Exercise objective
Below are some entries. Copy each line that holds the string "TelemetryData".

____________

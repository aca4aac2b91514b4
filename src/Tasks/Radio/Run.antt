-- ===== src/Tasks/Radio/Run.antt =====
-- What stays true over all rounds of the radio task of ESP_AKS/src/main.cpp.
use tufan_aks.Base.{
  ℕ, zero, suc, leb, ◌+◌, ◌*◌, ◌≡◌, ◌≤◌, ◌==◌, refl, sym, ◌∙◌, subst, arith, Bool, true, false, not,
  if◌then◌else◌, List, [], ◌∷◌, ◌++◌, Option, none, some, All, drop, length,
}
use tufan_aks.Base.Words.{sub32}
use tufan_aks.Data.{TelemetryData}
use tufan_aks.Buffer.{Ring, ob_push, offline_should_sample}
use tufan_aks.Buffer.Refine.{IsRing, contents, push-contents, enqueue}
use tufan_aks.Uplink.{UplinkScheduler, on_rx_byte, update_link, offline_sample}
use tufan_aks.Telemetry.Frame.{Fits}
use tufan_aks.Tasks.Transmit.{TxPort}
use tufan_aks.Tasks.Transmit.Offer.{Offer, recorded, numbered, IsStarted, append_nil}
use tufan_aks.Tasks.Transmit.Bytes.{total_bytes}
use tufan_aks.Tasks.Transmit.Rate.{tick_offers}
use tufan_aks.Tasks.Radio.{
  Radio, Round, on_rx_bytes, sample_snapshot, send_snapshot, tx_tick, round, rounds,
}

-- The values of the snapshot, if there is one, are of the types of the source's fields.
abbrev pub SnapshotFits : Option TelemetryData → Type 0
SnapshotFits none = Unit
SnapshotFits (some d) = Fits d

abbrev pub RoundFits : Round → Type 0
RoundFits i = SnapshotFits i.snapshot

module _ {S : Type 0} where
  -- The ring is well formed, what it holds are values of the types of the source's fields, the sender is started, and the
  -- burst is that of the constructor.
  abbrev pub Inv : ℕ → Radio (S × List Offer) → Type 0
  Inv burst r =
      IsRing r.ring
      × All Fits (contents r.ring)
      × IsStarted r.tx
      × (r.scheduler.replay_burst_per_tick ≡ burst)

  -- A step from r to r' offers at most 108 bytes for each packet of a burst and one more.
  abbrev pub WithinRate : ℕ → Radio (S × List Offer) → Radio (S × List Offer) → Type 0
  WithinRate burst r r' =
      (new : List Offer) × (r'.tx.hardware.1 ≡ r.tx.hardware.1 ++ new)
      × (total_bytes new ≤ 108 * (burst + 1))

  no_bytes :
      (burst : ℕ) (r r' : Radio (S × List Offer))
      → r'.tx.hardware.1 ≡ r.tx.hardware.1
      → WithinRate burst r r'
  no_bytes burst r r' e = ([], e ∙ append_nil (r.tx.hardware.1), omega arith)

rx_keeps :
    (b t : ℕ) (u : UplinkScheduler)
    → (on_rx_byte b t u).replay_burst_per_tick ≡ u.replay_burst_per_tick
unfolding on_rx_byte
rx_keeps b t u = ground arith

rx_all_keeps :
    (bs : List (ℕ × ℕ)) (u : UplinkScheduler)
    → (on_rx_bytes bs u).replay_burst_per_tick ≡ u.replay_burst_per_tick
unfolding on_rx_bytes
rx_all_keeps [] u = refl
rx_all_keeps (b ∷ bs) u = rx_all_keeps bs (on_rx_byte (b.0) (b.1) u) ∙ rx_keeps (b.0) (b.1) u

link_keeps :
    (now boot : ℕ) (q : Ring) (u : UplinkScheduler)
    → (update_link now boot q u).1.replay_burst_per_tick ≡ u.replay_burst_per_tick
unfolding update_link
link_keeps now boot q u = ground arith

All-drop : (n : ℕ) (xs : List TelemetryData) → All Fits xs → All Fits (drop n xs)
All-drop zero xs h = h
All-drop (suc n) [] h = tt
All-drop (suc n) (x ∷ xs) (h, hs) = All-drop n xs hs

All-snoc :
    (xs : List TelemetryData) (x : TelemetryData) → All Fits xs → Fits x → All Fits (xs ++ (x ∷ []))
All-snoc [] x h f = (f, tt)
All-snoc (y ∷ xs) x (h, hs) f = (h, All-snoc xs x hs f)

enqueue-Fits :
    (x : TelemetryData) (q : List TelemetryData) → All Fits q → Fits x → All Fits (enqueue x q)
enqueue-Fits x q h f =
    All-snoc (if length q == 75 then drop 1 q else q) x (by_full (length q == 75)) f
  where
    by_full : (full : Bool) → All Fits (if full then drop 1 q else q)
    by_full true = All-drop 1 q h
    by_full false = h

-- What a sample keeps of the ring and the scheduler.
Sampled : UplinkScheduler → Bool × Ring × UplinkScheduler → Type 0
Sampled u o =
    IsRing (o.1)
    × All Fits (contents (o.1))
    × ((o.2).replay_burst_per_tick ≡ u.replay_burst_per_tick)

sample-Sampled :
    (now : ℕ) (d : TelemetryData) (q : Ring) (u : UplinkScheduler)
    → IsRing q
    → All Fits (contents q)
    → Fits d
    → Sampled u (offline_sample now d q u)
unfolding offline_sample Sampled
sample-Sampled now d q u wf h f =
    by_due (
      offline_should_sample now u.last_offline_sample u.offline_has_samples u.offline_sample_period)
  where
    pushed : IsRing (ob_push d q) × All Fits (contents (ob_push d q))
    pushed =
        let p = push-contents d q wf in
        (p.1, subst (All Fits) (sym (p.0)) (enqueue-Fits d (contents q) h f))

    sampled : UplinkScheduler
    sampled = record u {
      last_offline_sample = now;
      offline_first_ts = if not u.offline_has_samples then d.timestamp_ms else u.offline_first_ts;
      offline_has_samples = true;
      offline_last_ts = d.timestamp_ms;
    }

    by_due :
        (due : Bool) → Sampled u (if not due then (false, q, u) else (true, ob_push d q, sampled))
    by_due true = (pushed.0, pushed.1, refl)
    by_due false = (wf, h, refl)

module _ {S : Type 0} (port : TxPort S) (boot_ms period burst : ℕ) where
  -- A step that keeps the invariant and the rate.
  abbrev Steps : Radio (S × List Offer) → Radio (S × List Offer) → Type 0
  Steps r r' = Inv burst r' × WithinRate burst r r'

  sample-Steps :
      (i : Round) (r : Radio (S × List Offer))
      → Inv burst r
      → RoundFits i
      → Steps r (sample_snapshot (recorded port) boot_ms period i r)
  unfolding sample_snapshot Sampled
  sample-Steps i r (wf, h, s, b) f = by_snapshot i.snapshot f
    where
      after : Option TelemetryData → Radio (S × List Offer)
      after none = r
      after (some d) =
          let o = offline_sample i.sample_ms d r.ring r.scheduler in
          record r { ring = o.1; scheduler = o.2 }

      by_snapshot : (o : Option TelemetryData) → SnapshotFits o → Steps r (after o)
      by_snapshot none g = ((wf, h, s, b), no_bytes burst r r refl)
      by_snapshot (some d) g =
          let (w, k, e) = sample-Sampled i.sample_ms d r.ring r.scheduler wf h g in
          ((w, k, s, e ∙ b), no_bytes burst r r refl)

  send-Steps :
      (i : Round) (r : Radio (S × List Offer))
      → Inv burst r
      → RoundFits i
      → Steps r (send_snapshot (recorded port) boot_ms period i r)
  unfolding send_snapshot
  send-Steps i r (wf, h, s, b) f =
      let (n, ps, qs, e, l, m, z, t, c, w, (st, nb, lg), bytes) =
        tick_offers port i.snapshot r.scheduler r.ring r.tx wf h (live i.snapshot f) s in
      (
        (w, subst (All Fits) (sym c) (All-drop n (contents r.ring) h), st, b),
        (numbered r.tx.telemetry.sequence_counter (ps ++ qs), lg, omega (arith, bytes, b)),
      )
    where
      live : (o : Option TelemetryData) → SnapshotFits o → (x : TelemetryData) → o ≡ some x → Fits x
      live none g x e = absurd (ground (arith, e))
      live (some d) g x e = subst SnapshotFits e g

  tick-Steps :
      (i : Round) (r : Radio (S × List Offer))
      → Inv burst r
      → RoundFits i
      → Steps r (tx_tick (recorded port) boot_ms period i r)
  unfolding tx_tick
  tick-Steps i r v f =
      by_period (leb period (sub32 i.now_tick r.last_telemetry_tick)) r.scheduler.link_down
    where
      timed : Radio (S × List Offer)
      timed = record r { last_telemetry_tick = i.now_tick }

      by_period :
          (due down : Bool)
          → Steps r (
              if due
              then (if not down
                  then send_snapshot (recorded port) boot_ms period i timed
                  else sample_snapshot (recorded port) boot_ms period i timed)
              else r)
      by_period true true = sample-Steps i timed v f
      by_period true false = send-Steps i timed v f
      by_period false down = (v, no_bytes burst r r refl)

  pub round-Steps :
      (i : Round) (r : Radio (S × List Offer))
      → Inv burst r
      → RoundFits i
      → Steps r (round (recorded port) boot_ms period i r)
  unfolding round
  round-Steps i r (wf, h, s, b) f =
      let u = on_rx_bytes i.received r.scheduler in
      tick-Steps i (record r { scheduler = (update_link i.link_ms boot_ms r.ring u).1 })
        (wf, h, s, link_keeps i.link_ms boot_ms r.ring u ∙ rx_all_keeps i.received r.scheduler ∙ b)
        f

  rounds-Inv :
      (is : List Round) (r : Radio (S × List Offer))
      → Inv burst r
      → All RoundFits is
      → Inv burst (rounds (recorded port) boot_ms period is r)
  unfolding rounds
  rounds-Inv [] r v f = v
  rounds-Inv (i ∷ is) r v (f, fs) =
      rounds-Inv is (round (recorded port) boot_ms period i r) (round-Steps i r v f).0 fs

  -- The radio keeps its rate. From a radio with a well-formed ring, values of the types of the source's fields in it and
  -- a started sender, after any rounds and in any next one, whatever is received, whatever the clocks say and
  -- whatever the port answers, if each snapshot's values are of the types of the source's fields: the round offers to the UART at
  -- most 108 bytes for each packet of a replay burst and one more, and all of this still holds after it.
  pub rounds-rate :
      (is : List Round) (i : Round) (r : Radio (S × List Offer))
      → Inv burst r
      → All RoundFits is
      → RoundFits i
      → let before = rounds (recorded port) boot_ms period is r in
        let after = round (recorded port) boot_ms period i before in
        Inv burst after × WithinRate burst before after
  rounds-rate is i r v fs f =
      round-Steps i (rounds (recorded port) boot_ms period is r) (rounds-Inv is r v fs) f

____________

Exercise result
use tufan_aks.Data.{TelemetryData}
abbrev pub SnapshotFits : Option TelemetryData → Type 0
All-drop : (n : ℕ) (xs : List TelemetryData) → All Fits xs → All Fits (drop n xs)
    (xs : List TelemetryData) (x : TelemetryData) → All Fits xs → Fits x → All Fits (xs ++ (x ∷ []))
    (x : TelemetryData) (q : List TelemetryData) → All Fits q → Fits x → All Fits (enqueue x q)
    (now : ℕ) (d : TelemetryData) (q : Ring) (u : UplinkScheduler)
      after : Option TelemetryData → Radio (S × List Offer)
      by_snapshot : (o : Option TelemetryData) → SnapshotFits o → Steps r (after o)
      live : (o : Option TelemetryData) → SnapshotFits o → (x : TelemetryData) → o ≡ some x → Fits x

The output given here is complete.